A: Actually, the standard view is simpler and both much more intuitive as well as corresponding to black hole thermodynamic entropy. Theorists are trying different models to get the equivalent Shannon entropy. 
Consider the black hole horizon as being made up of a number N of Planck area patches. Each of those Planck area patches is the smallest area that can be considered, and roughly consider that it can be described by one bit - Ie, the $p_i$ of each Planck patch is 1/2. So it's Shannon entropy is, from your sum that defines the Shannon entropy, for one Planck area, 
$$S_i = -p_i log(p_i) = -1/2 log(2^{-1}) = -1/2(-1) = 1/2$$
and then simply S = $\Sigma S_i$ = N/2
N is the horizon area divided by the Planck area, $N = A_H/L_p$, 
so we get the equation for the BH entropy as Shannon's entropy times k, which is then 
$S_{BH} = kA_H/2L_p$
For some reason that I can't track it's off by a factor of 2, and the real answer from the Bekenstein-Hawking findings for BH entropy has a 4, so it's really
$S_{BH} = kA_H/4L_p$
The factor of 2 is not too worrisome, the argument used is not rigorous and it is not strange that it is off by a factor of2. But importantly it tells you what people think is the different configuration states of the BHs, basically in terms of what's there at each Planck sized patch of spacetime. 

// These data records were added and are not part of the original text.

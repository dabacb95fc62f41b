-- ===== src/Executor/Gates/Arms.antt =====
-- Every effect of `execute` and of the receiving functions is permitted.
use tunshell_mcp_agents.Prelude.{
  ℕ, ◌≡◌, refl, List, [], ◌∷◌, Option, none, Bool, true, false, ◌&&◌, not, if◌then◌else◌, all,
  arith, ◌==◌,
}
use tunshell_mcp_agents.Safety.Words.{Text, text, text_eq, byte_len}
use tunshell_mcp_agents.Safety.Paths.{check_size}
use tunshell_mcp_agents.Executor.Files.{
  allowed_path, stat, read_chunk, walk_dir, delete_all, thumbnail, search, receive_chunk,
}
use tunshell_mcp_agents.Executor.Execute.{
  execute, run_command, run_exec, run_read_file, run_write_file, run_list_dir, run_git_status,
  run_git, run_schedule_add, run_task_dispatch, run_task_get, run_session_get, run_session_search,
  run_session_resume, run_file_recv, run_transfer_get, run_dir_manifest, run_delete_paths,
  run_tunnel, run_compute_fn, run_map_task, run_reduce_task, is_disabled_mode, command_policy,
  when_writable, join_lines,
}
use tunshell_mcp_agents.Executor.Gates.{
  is_write, given_paths, commands_of, permitted, require-All, call-All, path-All, command-All,
  if-All, Safe, return-Safe, bail-Safe, map_run-Safe,
}
use tunshell_mcp_agents.Executor.Gates.Files.{
  writes_permitted, reads_permitted, stat-permitted, read_chunk-permitted, walk_dir-permitted,
  thumbnail-permitted, search-permitted, delete_all-permitted, receive_chunk-permitted,
}
use tunshell_mcp_agents.Executor.Types.{
  allows_write, return, require, call, map_run, Command, Effect, ExecError, CommandResult,
  Environment, AgentState, Run, exec, read_file, write_file, list_dir, git_status, git_pull,
  git_commit, git_push, schedule_add, schedule_remove, schedule_list, task_dispatch, task_get,
  task_list, session_list, session_get, session_search, session_resume, session_terminate,
  file_stat, file_chunk, file_thumb, file_search, send_file_to, file_recv, transfer_get,
  dir_manifest, sync_dir_to, delete_paths, tunnel_start, tunnel_list, tunnel_stop, set_mode,
  get_info, map_task, reduce_task, stats, reads, lists, backs_up, writes, reads_git_status, pulls,
  commits, pushes, removes_schedule, lists_schedules, dispatches, resumes, gets_task, lists_tasks,
  scans_sessions, reads_transcript, searches_sessions, terminates, starts_tunnel, lists_tunnels,
  stops_tunnel, switches_mode, not_accepting, is_disabled, write_not_allowed, too_large,
  autonomous_off, unknown_runner, must_be_peer, no_task, no_transfer, ok, file, dir, info,
  git_status_result, task_queued, task, file_meta, file_thumb_result, search_hits, transfer,
  tunnel_started, chunk_result,
}

module _ (env : Environment) (st : AgentState) where
  abbrev P : Effect → Bool
  P = permitted env st.mode st.security

  abbrev Gated : {A : Type 0} → Run A → Type 0
  Gated run = Safe P run

  -- A call that needs no check, and one that runs a command that was checked.
  free_call : {A : Type 0} (e : Effect) (k : A) → P e ≡ true → Gated (call env e (return k))
  free_call e k p = call-All P env e (return k) p (return-Safe P k)

  guarded_call :
      {A : Type 0} (b : Bool) (x : ExecError) (e : Effect) (k : A)
      → P e ≡ true
      → Gated (require b x (call env e (return k)))
  guarded_call b x e k p = require-All P b x (call env e (return k)) (λ h. free_call e k p)

  answered : {A : Type 0} (b : Bool) (x : ExecError) (k : A) → Gated (require b x (return k))
  answered b x k = require-All P b x (return k) (λ h. return-Safe P k)

  run_exec-gated :
      (command : Text) (timeout_ms : Option ℕ) (cwd : Option Text)
      → Gated (run_exec env st command timeout_ms cwd)
  unfolding run_exec command_policy permitted is_write given_paths commands_of
  run_exec-gated command timeout_ms cwd =
      command-All P env st.mode st.security command _
        (λ c. call-All P env _ _ (rw c refl) (return-Safe P _))

  run_schedule_add-gated :
      (name cron command : Text) → Gated (run_schedule_add env st name cron command)
  unfolding run_schedule_add command_policy permitted is_write given_paths commands_of
  run_schedule_add-gated name cron command =
      command-All P env st.mode st.security command _
        (λ c. call-All P env _ _ (rw c refl) (return-Safe P _))

  run_compute_fn-gated : (func stdin_data : Text) → Gated (run_compute_fn env st func stdin_data)
  unfolding run_compute_fn command_policy permitted is_write given_paths commands_of
  run_compute_fn-gated func stdin_data =
      command-All P env st.mode st.security func _
        (λ c. call-All P env _ _ (rw c refl) (return-Safe P _))

  run_read_file-gated : (path : Text) → Gated (run_read_file env st path)
  unfolding run_read_file is_write given_paths commands_of
  run_read_file-gated path = path-All P env st.security path _ (λ a.
      call-All P env (stats path) _
        (reads_permitted env st.mode st.security st.security (λ p a. a) (stats path) path refl refl
          refl a)
        (require-All P (check_size (env.file_size path) st.security) too_large
          (call env (reads path) (return file))
          (λ s.
            call-All P env (reads path) (return file)
              (reads_permitted env st.mode st.security st.security (λ p a. a) (reads path) path refl
                refl refl a)
              (return-Safe P _))))

  when_writable-gated :
      {A : Type 0} (k : Run A)
      → (allows_write st.mode ≡ true → Gated k)
      → Gated (when_writable env st k)
  unfolding when_writable
  when_writable-gated k h = require-All P (allows_write st.mode) write_not_allowed k h

  run_write_file-gated :
      (path content : Text) (create_backup : Bool)
      → Gated (run_write_file env st path content create_backup)
  unfolding run_write_file given_paths commands_of
  run_write_file-gated path content create_backup =
      let sec = st.security in
      let backed = create_backup && sec.backup_enabled && env.exists path in
      let write = call env (writes path content) (return ok) in
      let backup = call env (backs_up path sec.backup_dir sec.max_backup_versions) write in
      when_writable-gated _ (λ w. path-All P env sec path _ (λ a.
        let writing =
          call-All P env (writes path content) (return ok)
            (writes_permitted env st.mode sec sec (λ p a. a) (writes path content) path w refl refl
              a)
            (return-Safe P ok) in
        require-All P (check_size (byte_len content) sec) too_large
          (if backed then backup else write)
          (λ s.
            if-All P backed backup write
              (call-All P env (backs_up path sec.backup_dir sec.max_backup_versions) write
                (writes_permitted env st.mode sec sec (λ p a. a)
                  (backs_up path sec.backup_dir sec.max_backup_versions) path w refl refl a)
                writing)
              writing)))

  run_git-gated :
      (repo : Text) (e : Effect)
      → given_paths e ≡ repo ∷ []
      → commands_of e ≡ []
      → Gated (run_git env st repo e)
  unfolding run_git
  run_git-gated repo e t c = when_writable-gated _ (λ w. path-All P env st.security repo _ (λ a.
      call-All P env e _
        (writes_permitted env st.mode st.security st.security (λ p a. a) e repo w t c a)
        (return-Safe P _)))

  run_tunnel-gated :
      (e : Effect) (result : CommandResult)
      → given_paths e ≡ []
      → commands_of e ≡ []
      → Gated (run_tunnel env st e result)
  unfolding run_tunnel permitted
  run_tunnel-gated e result t c =
      when_writable-gated _
        (λ w. call-All P env e _ (ground (arith, w, t, c)) (return-Safe P result))

  one_path-gated :
      {A : Type 0} (e : Effect) (path : Text) (k : A)
      → is_write e ≡ false
      → given_paths e ≡ path ∷ []
      → commands_of e ≡ []
      → Gated (allowed_path env st.security path (call env e (return k)))
  one_path-gated e path k w t c = path-All P env st.security path _ (λ a.
      call-All P env e _
        (reads_permitted env st.mode st.security st.security (λ p a. a) e path w t c a)
        (return-Safe P _))

  if_effects : (b : Bool) (es : List Effect) → all P es ≡ true → all P (if b then es else []) ≡ true
  if_effects true es h = h
  if_effects false es h = refl

  run_dir_manifest-gated :
      (path : Text) (with_hash : Bool) (exclude : List Text)
      → Gated (run_dir_manifest env st path with_hash exclude)
  unfolding Safe run_dir_manifest map_run permitted is_write given_paths commands_of
  run_dir_manifest-gated path with_hash exclude =
      if_effects (env.is_dir path) (walk_dir env st.security path with_hash exclude).effects
        (walk_dir-permitted env st.mode st.security st.security (λ p a. a) path with_hash exclude)

  run_session_resume-gated :
      (provider id prompt : Text) → Gated (run_session_resume env st provider id prompt)
  unfolding run_session_resume permitted is_write given_paths commands_of
  run_session_resume-gated provider id prompt =
      let cwd = if provider == text "claude" then env.claude_session_cwd id else none in
      let resume = call env (resumes provider id prompt cwd) (return task_queued) in
      let known = env.resume_runner provider id in
      require-All P st.autonomous_enabled autonomous_off (require known unknown_runner resume)
        (λ a. guarded_call known unknown_runner (resumes provider id prompt cwd) task_queued refl)

  run_map_task-gated :
      (job_id : Text) (partition_id : ℕ) (map_fn content : Text)
      → Gated (run_map_task env st job_id partition_id map_fn content)
  unfolding Safe run_map_task
  run_map_task-gated job_id partition_id map_fn content = run_compute_fn-gated map_fn content

  run_reduce_task-gated :
      (job_id reduce_fn : Text) (inputs : List Text)
      → Gated (run_reduce_task env st job_id reduce_fn inputs)
  unfolding Safe run_reduce_task
  run_reduce_task-gated job_id reduce_fn inputs = run_compute_fn-gated reduce_fn (join_lines inputs)

  run_command-gated : (command : Command) → Gated (run_command env st command)
  unfolding run_command run_list_dir run_git_status run_task_dispatch run_task_get run_session_get
      run_session_search run_session_resume run_file_recv run_transfer_get run_delete_paths
      permitted is_write given_paths commands_of
  run_command-gated (exec command timeout_ms cwd) = run_exec-gated command timeout_ms cwd
  run_command-gated (read_file path) = run_read_file-gated path
  run_command-gated (write_file path content create_backup) =
      run_write_file-gated path content create_backup
  run_command-gated (list_dir path pattern) =
      one_path-gated (lists path pattern) path dir refl refl refl
  run_command-gated (set_mode mode) = free_call (switches_mode mode) _ refl
  run_command-gated get_info = return-Safe P info
  run_command-gated (git_status repo) =
      one_path-gated (reads_git_status repo) repo git_status_result refl refl refl
  run_command-gated (git_pull repo remote branch) =
      run_git-gated repo (pulls repo remote branch) refl refl
  run_command-gated (git_commit repo message files) =
      run_git-gated repo (commits repo message files) refl refl
  run_command-gated (git_push repo remote branch) =
      run_git-gated repo (pushes repo remote branch) refl refl
  run_command-gated (schedule_add name cron command) = run_schedule_add-gated name cron command
  run_command-gated (schedule_remove name) = free_call (removes_schedule name) _ refl
  run_command-gated schedule_list = free_call lists_schedules _ refl
  run_command-gated (task_dispatch prompt initiator) =
      guarded_call st.autonomous_enabled autonomous_off (dispatches prompt initiator) task_queued
        refl
  run_command-gated (task_get id) =
      call-All P env (gets_task id) (require (env.task_known id) (no_task id) (return task)) refl
        (answered (env.task_known id) (no_task id) task)
  run_command-gated task_list = free_call lists_tasks _ refl
  run_command-gated session_list = free_call scans_sessions _ refl
  run_command-gated (session_get provider id around_seq window) =
      free_call (reads_transcript provider id _) _ refl
  run_command-gated (session_search query providers limit) =
      free_call (searches_sessions query providers _) _ refl
  run_command-gated (session_resume provider id prompt) =
      run_session_resume-gated provider id prompt
  run_command-gated (session_terminate id) = free_call (terminates id) _ refl
  run_command-gated (file_stat path) =
      map_run-Safe P (λ u. file_meta) (stat env st.security path)
        (stat-permitted env st.mode st.security st.security (λ p a. a) path)
  run_command-gated (file_chunk path offset len) =
      map_run-Safe P chunk_result (read_chunk env st.security path offset len)
        (read_chunk-permitted env st.mode st.security st.security (λ p a. a) path offset len)
  run_command-gated (file_thumb path max_px) =
      map_run-Safe P (λ u. file_thumb_result) (thumbnail env st.security path max_px)
        (thumbnail-permitted env st.mode st.security st.security (λ p a. a) path max_px)
  run_command-gated (file_search roots query kind) =
      map_run-Safe P (λ u. search_hits) (search env st.security roots query kind)
        (search-permitted env st.mode st.security st.security (λ p a. a) roots query kind)
  run_command-gated (file_recv transfer_id dest_path offset bytes eof sha256) =
      let run = receive_chunk env st.security dest_path offset bytes eof sha256 in
      when_writable-gated (map_run (λ u. ok) run) (λ w.
        map_run-Safe P (λ u. ok) run
          (receive_chunk-permitted env st.mode st.security st.security (λ p a. a) w dest_path offset
            bytes eof sha256))
  run_command-gated (transfer_get id) = answered (env.transfer_known id) (no_transfer id) transfer
  run_command-gated (send_file_to src_path dest_id dest_path) = bail-Safe _ P must_be_peer
  run_command-gated (sync_dir_to src_path dest_id dest_path delete checksum dry_run exclude) =
      bail-Safe _ P must_be_peer
  run_command-gated (dir_manifest path with_hash exclude) =
      run_dir_manifest-gated path with_hash exclude
  run_command-gated (delete_paths paths) =
      let run = delete_all env st.security paths in
      when_writable-gated (map_run (λ n. ok) run) (λ w.
        map_run-Safe P (λ n. ok) run
          (delete_all-permitted env st.mode st.security st.security (λ p a. a) w paths))
  run_command-gated (tunnel_start target) =
      run_tunnel-gated (starts_tunnel target) tunnel_started refl refl
  run_command-gated tunnel_list = free_call lists_tunnels _ refl
  run_command-gated (tunnel_stop id) = run_tunnel-gated (stops_tunnel id) ok refl refl
  run_command-gated (map_task job_id partition_id map_fn content) =
      run_map_task-gated job_id partition_id map_fn content
  run_command-gated (reduce_task job_id reduce_fn inputs) =
      run_reduce_task-gated job_id reduce_fn inputs

pub execute_gated :
    (env : Environment) (st : AgentState) (command : Command)
    → all (permitted env st.mode st.security) (execute env st command).effects ≡ true
unfolding Safe execute
execute_gated env st command =
    let run = run_command env st command in
    let enabled = not (is_disabled_mode st.mode) in
    require-All (P env st) st.accepts_commands not_accepting (require enabled is_disabled run)
      (λ a. require-All (P env st) enabled is_disabled run (λ d. run_command-gated env st command))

The most rigorous derivation of the thermodynamic entropy was through the arguments and calculations of Bekenstein and Hawking where they got a rigorous expression for the equivalent temperaTure by considering how much the BH radiates which Hawking calculated in terms of quantum fields. The Shannon equivalent then depends on what you postulate, or can prove, what is the possibility for each Planck area. It is still not a rigorous answer, but you get it for instance from some string theories. If we ever get to an accepted quantum gravity theory it is expected/hoped it'll get the Bekenstein Hawking formula, at least in some limit. Clearly it is an area of research.  See a treatment of the BH entropy in http://www.scholarpedia.org/article/Bekenstein-Hawking_entropy
and a paper at https://arxiv.org/pdf/1008.0946.pdf
There are other good papers on it you can google. 
You'd have to measure the number of elementary patches in the BH horizon to try to measure the entropy, not easy to do at a distance, or for that matter anywhere. Or the temperature of the blackbody radiation if you can get convinced that it is the same as the Shannon entropy times k.